Vous n’en faites pas une question de gros sous. Pourtant, beaucoup ont évoqué les 45 Milliards et l’on a parlé d’indemnités versées aux familles. A t-on voulu « acheter » votre famille et son silence ? Vous met-on la pression pour que vous laissiez tomber cette affaire ?
Je peux prendre un exemple direct car dans ma famille, en l’occurrence mon neveu, s’il avait accepté, aurait touché 150 000 F. de M.Kadhafi. Il a refusé. De ses propres dires, il a refusé d’être acheté par M.Kadhafi car la distribution n’a pas été
fait par Kadhafi et c’est là où le bas blesse. M.Kadhafi n’est pas le seul fautif dans cette affaire puisque le système français le veut. Mais ça a bien arrangé l’Etat de se retrouver avec son système et nous laisser tomber en disant que c’est la loi qui le dit. Et l’Etat a renfloué sa compagnie avec les 42 milliards de Kadhafi, c’est ça qui m’attriste le plus.

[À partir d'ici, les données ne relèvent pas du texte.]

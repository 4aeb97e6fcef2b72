-- ===== src/Api/MtClient/Connection.antt =====
-- The construction of `MTClient` in app/services/mt_client.py, and its HTTP client, which is the
-- headers that it sends and its timeout.
pub mod Urls
use unitra_service_api.Common.{
  ℕ, ◌≡◌, ◌≢◌, refl, ap, Option, none, some, List, [], ◌∷◌, ◌++◌, ◌==◌, if◌then◌else◌, All, arith,
}
use unitra_service_api.Common.Text.{Text, codes}
use unitra_service_api.Common.Str.{rstrip_char}
use unitra_service_api.Errors.Handlers.{Raised}
use unitra_service_api.Api.Action.{Outcome, returned, raised}
use unitra_service_api.Application.{Settings}

-- `httpx.AsyncClient`; the timeout is in microseconds.
pub record HttpClient : Type 0 where
  pub timeout : ℕ
  pub headers : List (Text × Text)

pub record MtClient : Type 0 where
  pub base_url : Text
  pub timeout : ℕ
  pub api_key : Text
  pub http : Option HttpClient

-- `a or b`
abbrev pub or_text : Text → Text → Text
or_text [] b = b
or_text (c ∷ s) b = c ∷ s

-- `a or b` where `a` can be None
abbrev pub or_given : Option Text → Text → Text
or_given none b = b
or_given (some a) b = or_text a b

abbrev pub default_base_url : Text
default_base_url = codes "https://nikmomo--unitra-mt-translate.modal.run"

-- `MTClient.__init__`
unfoldable pub new_client : Settings → Option Text → ℕ → Option Text → MtClient
new_client settings base_url timeout api_key = record {
  base_url =
      rstrip_char b'/' (or_given base_url (or_text settings.ml_service_url default_base_url));
  timeout = timeout;
  api_key = or_given api_key settings.modal_api_key;
  http = none;
}

-- `if self.api_key:`
abbrev pub key_headers : Text → List (Text × Text)
key_headers [] = []
key_headers (c ∷ s) = (codes "X-API-Key", c ∷ s) ∷ []

-- `MTClient.__aenter__`
unfoldable pub enter : MtClient → MtClient
enter self = record self {
  http = some (record { timeout = self.timeout; headers = key_headers self.api_key });
}

-- `MTClient.__aexit__`, where the close of the HTTP client returns.
unfoldable pub exit : MtClient → MtClient
exit self = record self { http = none }

abbrev client_of : Option HttpClient → Outcome HttpClient
client_of none = raised (
    Raised.unexpected (
      codes
        "MTClient must be used as an async context manager: async with MTClient() as client: ..."))
client_of (some http) = returned http

-- `MTClient.client`
unfoldable pub client : MtClient → Outcome HttpClient
client self = client_of self.http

Aujourd’hui vous sentez-vous menacé ou sous pression ?
Je crois que la pression est là et qu’elle monte encore. Par contre, menacé je n’en sais rien. Il y a par contre des choses troublantes qui se passent autour de moi et ça, je peux l’affirmer.

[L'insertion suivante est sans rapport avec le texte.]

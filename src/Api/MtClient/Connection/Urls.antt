-- ===== src/Api/MtClient/Connection/Urls.antt =====
-- The base URL of `MTClient` has no slash at its end, so a path that starts with one follows it.
use unitra_service_api.Common.{
  ℕ, ◌≡◌, refl, ap, false, Bool-cases, inl, inr, Option, [], ◌∷◌, ◌++◌, ◌==◌, All, arith,
}
use unitra_service_api.Common.Text.{Text}
use unitra_service_api.Common.Str.{rstrip_char, without_last, ends_with}
use unitra_service_api.Application.{Settings}
use unitra_service_api.Api.MtClient.Connection.{new_client, or_given, or_text, default_base_url}

-- A text that is another with some of a character behind it.
abbrev IsLonger : ℕ → Text → Text → Type 0
IsLonger c s r = (cs : Text) × All (λ d. d ≡ c) cs × (s ≡ r ++ cs)

IsLonger-without_last :
    (c d : ℕ) (r s : Text) → IsLonger c s r → IsLonger c (d ∷ s) (without_last c d r)
IsLonger-without_last c d [] s (cs, all, e) = elim (Bool-cases (d == c)) [
  | inl slash ↦ rw slash (d ∷ cs, (ground arith, all), ap (λ t. d ∷ t) e)
  | inr other ↦ rw other (cs, all, ap (λ t. d ∷ t) e)
]
IsLonger-without_last c d (x ∷ r) s (cs, all, e) = (cs, all, ap (λ t. d ∷ t) e)

IsLonger-rstrip_char : (c : ℕ) (s : Text) → IsLonger c s (rstrip_char c s)
unfolding rstrip_char
IsLonger-rstrip_char c [] = ([], tt, refl)
IsLonger-rstrip_char c (d ∷ s) =
    IsLonger-without_last c d (rstrip_char c s) s (IsLonger-rstrip_char c s)

ends_with-without_last :
    (c d : ℕ) (r : Text) → ends_with c r ≡ false → ends_with c (without_last c d r) ≡ false
unfolding ends_with
ends_with-without_last c d [] h = ground arith
ends_with-without_last c d (e ∷ r) h = h

ends_with-rstrip_char : (c : ℕ) (s : Text) → ends_with c (rstrip_char c s) ≡ false
unfolding rstrip_char ends_with
ends_with-rstrip_char c [] = refl
ends_with-rstrip_char c (d ∷ s) =
    ends_with-without_last c d (rstrip_char c s) (ends_with-rstrip_char c s)

-- Whatever URL is given or set, the base URL of a new client does not end with a slash, and it is
-- that URL but for slashes at its end.
pub new_client_base_url :
    (settings : Settings) (base_url : Option Text) (timeout : ℕ) (api_key : Option Text)
    → (ends_with b'/' (new_client settings base_url timeout api_key).base_url ≡ false)
      × IsLonger b'/'
          (or_given base_url (or_text settings.ml_service_url default_base_url))
          (new_client settings base_url timeout api_key).base_url
unfolding new_client
new_client_base_url settings base_url timeout api_key =
    (ends_with-rstrip_char b'/' _, IsLonger-rstrip_char b'/' _)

Dans quel état d’esprit êtres-vous aujourd’hui puisque vous avez décidé de sortir de la réserve que vous vous étiez auto-appliquée ?
Mon action ne sera pas solitaire mais elle sera concertée avec des gens de bonne volonté qui ne cherchent pas le DC-10 comme fond de commerce et qui ne recherchent pas une revanche absolue avec des mises à mort. Nous recherchons simplement la vérité et que notre douleur soi considérée autrment.
Jusqu’à quand resterez-vous accroché à ce combat ?
… Jusqu’à ce que je ferme les yeux.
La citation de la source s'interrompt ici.